Go over the listing below line by line, and return each one holding the string "address".

___

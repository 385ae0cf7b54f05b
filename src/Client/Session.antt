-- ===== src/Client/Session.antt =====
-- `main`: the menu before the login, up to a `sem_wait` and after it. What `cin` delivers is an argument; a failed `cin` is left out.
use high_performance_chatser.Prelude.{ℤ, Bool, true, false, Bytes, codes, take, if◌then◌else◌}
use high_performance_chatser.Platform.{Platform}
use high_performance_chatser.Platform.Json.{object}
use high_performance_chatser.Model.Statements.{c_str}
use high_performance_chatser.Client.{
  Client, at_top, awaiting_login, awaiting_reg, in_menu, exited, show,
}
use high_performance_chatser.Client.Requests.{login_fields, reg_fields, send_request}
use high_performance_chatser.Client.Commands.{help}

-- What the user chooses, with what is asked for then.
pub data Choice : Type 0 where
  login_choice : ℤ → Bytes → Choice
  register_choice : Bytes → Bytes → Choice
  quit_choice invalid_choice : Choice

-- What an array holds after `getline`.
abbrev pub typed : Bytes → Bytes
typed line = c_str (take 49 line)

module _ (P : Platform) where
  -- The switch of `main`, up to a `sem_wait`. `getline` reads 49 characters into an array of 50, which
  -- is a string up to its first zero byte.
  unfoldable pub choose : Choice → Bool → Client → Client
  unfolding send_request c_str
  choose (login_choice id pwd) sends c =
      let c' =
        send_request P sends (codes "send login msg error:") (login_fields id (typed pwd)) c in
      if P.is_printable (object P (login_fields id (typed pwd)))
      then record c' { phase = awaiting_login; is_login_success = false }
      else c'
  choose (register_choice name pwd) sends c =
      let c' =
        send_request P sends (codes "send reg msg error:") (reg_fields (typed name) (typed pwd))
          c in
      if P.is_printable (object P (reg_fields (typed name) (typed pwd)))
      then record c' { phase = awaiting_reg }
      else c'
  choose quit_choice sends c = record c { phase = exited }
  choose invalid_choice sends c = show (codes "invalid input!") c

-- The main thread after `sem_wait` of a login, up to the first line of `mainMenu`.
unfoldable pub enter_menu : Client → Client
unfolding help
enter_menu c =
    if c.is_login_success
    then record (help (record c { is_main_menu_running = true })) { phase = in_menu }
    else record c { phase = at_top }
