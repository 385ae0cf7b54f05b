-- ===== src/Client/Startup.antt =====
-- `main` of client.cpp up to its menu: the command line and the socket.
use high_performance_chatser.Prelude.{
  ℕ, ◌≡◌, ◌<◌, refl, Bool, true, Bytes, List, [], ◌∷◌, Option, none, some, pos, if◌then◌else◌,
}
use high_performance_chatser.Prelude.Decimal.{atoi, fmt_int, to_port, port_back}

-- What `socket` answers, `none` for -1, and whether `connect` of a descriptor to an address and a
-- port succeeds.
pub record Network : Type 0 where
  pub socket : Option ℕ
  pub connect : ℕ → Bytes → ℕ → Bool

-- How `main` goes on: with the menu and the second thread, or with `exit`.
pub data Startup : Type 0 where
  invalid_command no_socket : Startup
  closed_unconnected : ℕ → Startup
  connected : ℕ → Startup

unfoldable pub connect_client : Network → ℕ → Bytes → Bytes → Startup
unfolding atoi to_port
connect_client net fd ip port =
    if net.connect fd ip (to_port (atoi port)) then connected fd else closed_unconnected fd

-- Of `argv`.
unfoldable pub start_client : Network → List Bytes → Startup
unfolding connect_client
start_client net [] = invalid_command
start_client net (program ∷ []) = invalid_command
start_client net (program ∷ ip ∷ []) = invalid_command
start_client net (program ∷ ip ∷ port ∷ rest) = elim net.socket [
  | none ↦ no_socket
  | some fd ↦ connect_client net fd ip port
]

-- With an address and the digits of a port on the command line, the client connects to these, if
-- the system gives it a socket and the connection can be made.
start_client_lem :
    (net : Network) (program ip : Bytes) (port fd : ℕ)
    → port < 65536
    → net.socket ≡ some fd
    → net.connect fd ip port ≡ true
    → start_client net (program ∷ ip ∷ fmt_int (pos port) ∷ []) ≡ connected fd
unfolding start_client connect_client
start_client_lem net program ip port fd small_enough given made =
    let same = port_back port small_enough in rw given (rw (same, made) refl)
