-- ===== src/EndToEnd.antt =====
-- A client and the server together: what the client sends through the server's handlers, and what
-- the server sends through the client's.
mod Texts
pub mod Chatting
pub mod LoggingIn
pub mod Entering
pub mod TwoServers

___

__TASK RESULT__:
-- What `socket` answers, `none` for -1, and whether `connect` of a descriptor to an address and a
-- With an address and the digits of a port on the command line, the client connects to these, if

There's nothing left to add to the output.